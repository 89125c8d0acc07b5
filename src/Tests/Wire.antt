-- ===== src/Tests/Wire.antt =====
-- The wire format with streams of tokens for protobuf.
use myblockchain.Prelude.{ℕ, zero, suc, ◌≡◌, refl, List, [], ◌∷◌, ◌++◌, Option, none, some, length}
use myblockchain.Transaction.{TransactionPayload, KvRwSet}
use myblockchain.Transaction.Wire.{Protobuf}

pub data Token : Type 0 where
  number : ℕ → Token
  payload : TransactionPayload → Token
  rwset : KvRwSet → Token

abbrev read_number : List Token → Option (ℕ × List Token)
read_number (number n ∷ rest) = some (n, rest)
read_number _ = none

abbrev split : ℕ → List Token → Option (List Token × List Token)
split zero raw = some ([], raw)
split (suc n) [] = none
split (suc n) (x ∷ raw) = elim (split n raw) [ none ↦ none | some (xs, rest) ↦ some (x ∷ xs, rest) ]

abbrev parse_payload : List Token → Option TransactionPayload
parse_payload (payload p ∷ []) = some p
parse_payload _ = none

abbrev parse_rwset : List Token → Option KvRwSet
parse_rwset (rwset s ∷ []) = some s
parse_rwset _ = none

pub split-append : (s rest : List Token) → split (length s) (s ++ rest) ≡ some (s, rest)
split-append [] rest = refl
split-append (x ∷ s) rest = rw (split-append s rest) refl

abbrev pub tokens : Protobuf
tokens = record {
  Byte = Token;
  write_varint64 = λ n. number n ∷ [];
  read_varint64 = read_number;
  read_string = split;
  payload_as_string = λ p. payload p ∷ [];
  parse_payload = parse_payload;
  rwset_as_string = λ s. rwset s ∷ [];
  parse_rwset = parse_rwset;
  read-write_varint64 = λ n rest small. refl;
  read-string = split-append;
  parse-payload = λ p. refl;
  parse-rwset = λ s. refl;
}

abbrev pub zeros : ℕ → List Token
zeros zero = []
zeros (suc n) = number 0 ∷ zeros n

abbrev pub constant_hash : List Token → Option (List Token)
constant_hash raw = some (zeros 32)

———

REQUIREMENT: Every record above is to be given again precisely.

SOLUTION TO THE EXERCISE:
repository 89125c8d0acc07b5
filename src/Tests/Wire.antt
-- ===== src/Tests/Wire.antt =====
-- The wire format with streams of tokens for protobuf.
use myblockchain.Prelude.{ℕ, zero, suc, ◌≡◌, refl, List, [], ◌∷◌, ◌++◌, Option, none, some, length}
use myblockchain.Transaction.{TransactionPayload, KvRwSet}
use myblockchain.Transaction.Wire.{Protobuf}

pub data Token : Type 0 where
  number : ℕ → Token
  payload : TransactionPayload → Token
  rwset : KvRwSet → Token

abbrev read_number : List Token → Option (ℕ × List Token)
read_number (number n ∷ rest) = some (n, rest)
read_number _ = none

abbrev split : ℕ → List Token → Option (List Token × List Token)
split zero raw = some ([], raw)
split (suc n) [] = none
split (suc n) (x ∷ raw) = elim (split n raw) [ none ↦ none | some (xs, rest) ↦ some (x ∷ xs, rest) ]

abbrev parse_payload : List Token → Option TransactionPayload
parse_payload (payload p ∷ []) = some p
parse_payload _ = none

abbrev parse_rwset : List Token → Option KvRwSet
parse_rwset (rwset s ∷ []) = some s
parse_rwset _ = none

pub split-append : (s rest : List Token) → split (length s) (s ++ rest) ≡ some (s, rest)
split-append [] rest = refl
split-append (x ∷ s) rest = rw (split-append s rest) refl

abbrev pub tokens : Protobuf
tokens = record {
  Byte = Token;
  write_varint64 = λ n. number n ∷ [];
  read_varint64 = read_number;
  read_string = split;
  payload_as_string = λ p. payload p ∷ [];
  parse_payload = parse_payload;
  rwset_as_string = λ s. rwset s ∷ [];
  parse_rwset = parse_rwset;
  read-write_varint64 = λ n rest small. refl;
  read-string = split-append;
  parse-payload = λ p. refl;
  parse-rwset = λ s. refl;
}

abbrev pub zeros : ℕ → List Token
zeros zero = []
zeros (suc n) = number 0 ∷ zeros n

abbrev pub constant_hash : List Token → Option (List Token)
constant_hash raw = some (zeros 32)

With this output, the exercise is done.